The Canadian financial stocks have really been making up for lost time over the past year or so. And while it seems like prime time to take a bit of profit off the table now that they’re coming in hot during the scariest time of the year – or, at the very least, a more volatile ride than the summer months – I do think that the insurers could continue to reward their shareholders with continued capital gains alongside more dividend hikes.
To put it simply, the big insurers are heating up, and with so much strength across the board, perhaps it’s not all too bad an idea for value investors to be buyers of strength.
The insurance stocks are getting overheated, but they’re far from expensive
Sure, buying high and selling higher is typically how value investors place bets. But given price-to-earnings (P/E) ratios aren’t exactly what you’d consider overextended (actually, they still look too low given their newfound strength), I think hanging on for the ride higher could be a profitable strategy. Of course, the tides could turn on a dime, especially if Canada’s economy starts to feel more of that tariff hit.

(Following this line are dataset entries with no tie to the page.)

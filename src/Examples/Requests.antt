-- ===== src/Examples/Requests.antt =====
-- The requests of the server, one after the other.
use railway.Base.{◌≡◌, refl, ◌∷◌, [], List, arith, none}
use railway.Base.Int.{ℤ, pos}
use railway.Base.Result.{ok}
use railway.Text.{Text, codes}
use railway.Http.{Request}
use railway.Idempotency.{live, Record, IsLawful}
use railway.Idempotency.Memory.{memory_store, memory_store-IsLawful}
use railway.Server.Defs.{State}
use railway.Server.Records.{Holds, save-Holds_self}
use railway.Server.Mint.Laws.{IsCreated}
use railway.Server.Retry.{execute_mint_with_retry}
use railway.Server.Callback.{mpesa_key}
use railway.Server.Callback.Laws.{looked_up}
use railway.Server.Serve.{Arrival, with_request_id, serve, serve_all}
use railway.Server.Accounts.{IsAccounted}
use railway.Server.Serve.Accounted.{serve_all-IsAccounted}
use railway.Server.Serve.Frame.{serve_all-Holds}
use railway.Server.Serve.Once.{serve_mint_once, serve_callback_once}
use railway.Server.Serve.Shadow.{serve_callback_shadowed}
use railway.Examples.Setting.{
  code, parts, outside, config, service, retry, start, at, mint_request, callback_request, payment,
}

abbrev lawful : IsLawful memory_store
lawful = memory_store-IsLawful

live_of_get :
    (t : ℤ) (k : Text) (s : memory_store.State)
    → (memory_store.get t k s).0 ≡ ok none
    → live t (lawful.view s k) ≡ none
live_of_get t k s e = cc (lawful.get-live t k s)

-- Nothing is live at the start.
pub start_fresh : (t : ℤ) (k : Text) → live t (lawful.view start.records k) ≡ none
unfolding code
start_fresh t k = live_of_get t k start.records refl

abbrev minted : Request
minted = mint_request (codes "k") (codes "1")

abbrev replayed : Request
replayed = mint_request (codes "k") (codes "2")

mint_created : (serve parts outside config (at 100) minted start).0.status ≡ 201
unfolding code
mint_created = refl

abbrev between : List (Arrival × Request)
between = (at 101, callback_request (codes "9")) ∷ (at 102, minted) ∷ []

serve_mint_once_example :
    IsCreated parts lawful service
      (at 100).readings
      (with_request_id (at 100) minted)
      start
      (serve parts outside config (at 100) minted start)
    × ((serve parts outside config (at 110) replayed (
          serve_all parts outside config between
            (serve parts outside config (at 100) minted start).1)).0
        ≡ (serve parts outside config (at 100) minted start).0)
    × ((serve parts outside config (at 110) replayed (
          serve_all parts outside config between
            (serve parts outside config (at 100) minted start).1)).1.chain
        ≡ (serve_all parts outside config between
            (serve parts outside config (at 100) minted start).1).chain)
unfolding code
serve_mint_once_example =
    serve_mint_once parts outside config lawful (at 100) (at 110) minted replayed
      (with_request_id (at 110) replayed) between start refl
      (start_fresh (pos 100000000000) (codes "k")) refl (omega arith) refl refl refl refl
      (omega arith)

abbrev paid : Request
paid = callback_request (codes "9")

-- The state that the retries of the payment leave: the second call succeeds.
abbrev after_mint : State parts
after_mint =
    (execute_mint_with_retry parts retry (at 100).cancelled (codes "9") (
      looked_up parts lawful service retry (at 100).cancelled (at 100).readings
        (payment (codes "9")) start)).1

serve_callback_once_example :
    ((serve parts outside config (at 100) paid start).1.chain ≡ after_mint.chain)
    × ((serve parts outside config (at 110) paid (
          serve_all parts outside config between
            (serve parts outside config (at 100) paid start).1)).0
        ≡ (serve parts outside config (at 100) paid start).0)
    × ((serve parts outside config (at 110) paid (
          serve_all parts outside config between
            (serve parts outside config (at 100) paid start).1)).1.chain
        ≡ (serve_all parts outside config between
            (serve parts outside config (at 100) paid start).1).chain)
unfolding code
serve_callback_once_example =
    serve_callback_once parts outside config lawful (at 100) (at 110) paid
      (with_request_id (at 100) paid) paid (with_request_id (at 110) paid) (payment (codes "9"))
      (payment (codes "9")) (codes "0xhash") between start after_mint refl refl refl refl refl
      (start_fresh (pos 100000000000) (mpesa_key (payment (codes "9")))) refl (omega arith) refl
      refl refl refl refl refl (omega arith)

-- The mint was called twice for it.
callback_calls : (serve parts outside config (at 100) paid start).1.chain ≡ 2
unfolding code
callback_calls = refl

abbrev poisoned : Request
poisoned = mint_request (codes "mpesa:9") (codes "1")

poison_created : (serve parts outside config (at 100) poisoned start).0.status ≡ 201
unfolding code
poison_created = refl

serve_callback_shadowed_example :
    ((serve parts outside config (at 110) paid (
        serve_all parts outside config [] (serve parts outside config (at 100) poisoned start).1)).0
      ≡ (serve parts outside config (at 100) poisoned start).0)
    × ((serve parts outside config (at 110) paid (
          serve_all parts outside config []
            (serve parts outside config (at 100) poisoned start).1)).1.chain
        ≡ (serve_all parts outside config []
            (serve parts outside config (at 100) poisoned start).1).chain)
unfolding code
serve_callback_shadowed_example =
    serve_callback_shadowed parts outside config lawful (at 100) (at 110) poisoned paid
      (with_request_id (at 110) paid) (payment (codes "9")) [] start refl refl
      (start_fresh (pos 100000000000) (codes "mpesa:9")) refl tt refl refl refl refl refl
      (omega arith)

abbrev kept : Record
kept = record {
  status_code = 200;
  response = codes "r";
  created_at = pos 0;
  expires_at = pos 200000000000;
}

abbrev holding : State parts
holding = record start { records = (memory_store.save (codes "k") kept start.records).1 }

serve_all-Holds_example :
    Holds lawful (codes "k") kept (serve_all parts outside config between holding).records
serve_all-Holds_example =
    serve_all-Holds parts outside config lawful (codes "k") kept between holding (omega arith)
      (save-Holds_self lawful (codes "k") kept start.records)

serve_all-IsAccounted_example :
    IsAccounted parts start (serve_all parts outside config between start)
serve_all-IsAccounted_example = serve_all-IsAccounted parts outside config between start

Either way, I think it’s full speed ahead for the insurers. And while the stakes are higher, I’d also argue that the fundamentals are improving at such a pace that shares of a well-run insurance firm may stand to get cheaper as they move higher, even though they look pricier based on traditional valuation metrics.
Though time will tell, I do think the insurance stocks aren’t finished rallying, especially as they continue posting great results in a market environment that’s robust, but certainly not free from worry.
Great-West Lifeco
First up, we have Great-West Lifeco (TSX:GWO), a highly underrated insurance play that I’ve encouraged value seekers to check out when the dividend yield was still swollen and above 5%. Nowadays, shares have gained enough that the yield is at 4.4%.
Now up over 41% in two years, GWO stock is as hot as many Canadian tech plays. Indeed, the growth spurt is pretty unexpected for an insurer and wealth manager that went sideways for nearly a decade before its big 2023 breakout.
Personally, I think the multi-year bull run has legs, as the firm continues posting strength across the board while unlocking operational efficiencies left and right. Of course, the current environment, which bodes well for insurers, is a huge help. However, the firm’s underwriting track record is helping Great-West really pull ahead of the pack. I think its solid underwriting is its main source of a moat.
While the latest (second) quarter saw robust growth, I do think that the U.S. retirement business needs to get on track if GWO shares are to continue this pace. Of course, another 40% or so in returns in two years seems mostly out of the question. Either way, the firm has proven itself as a high-level operator and one that’s worthy of a multiple far higher than 13.7 times trailing price-to-earnings (P/E).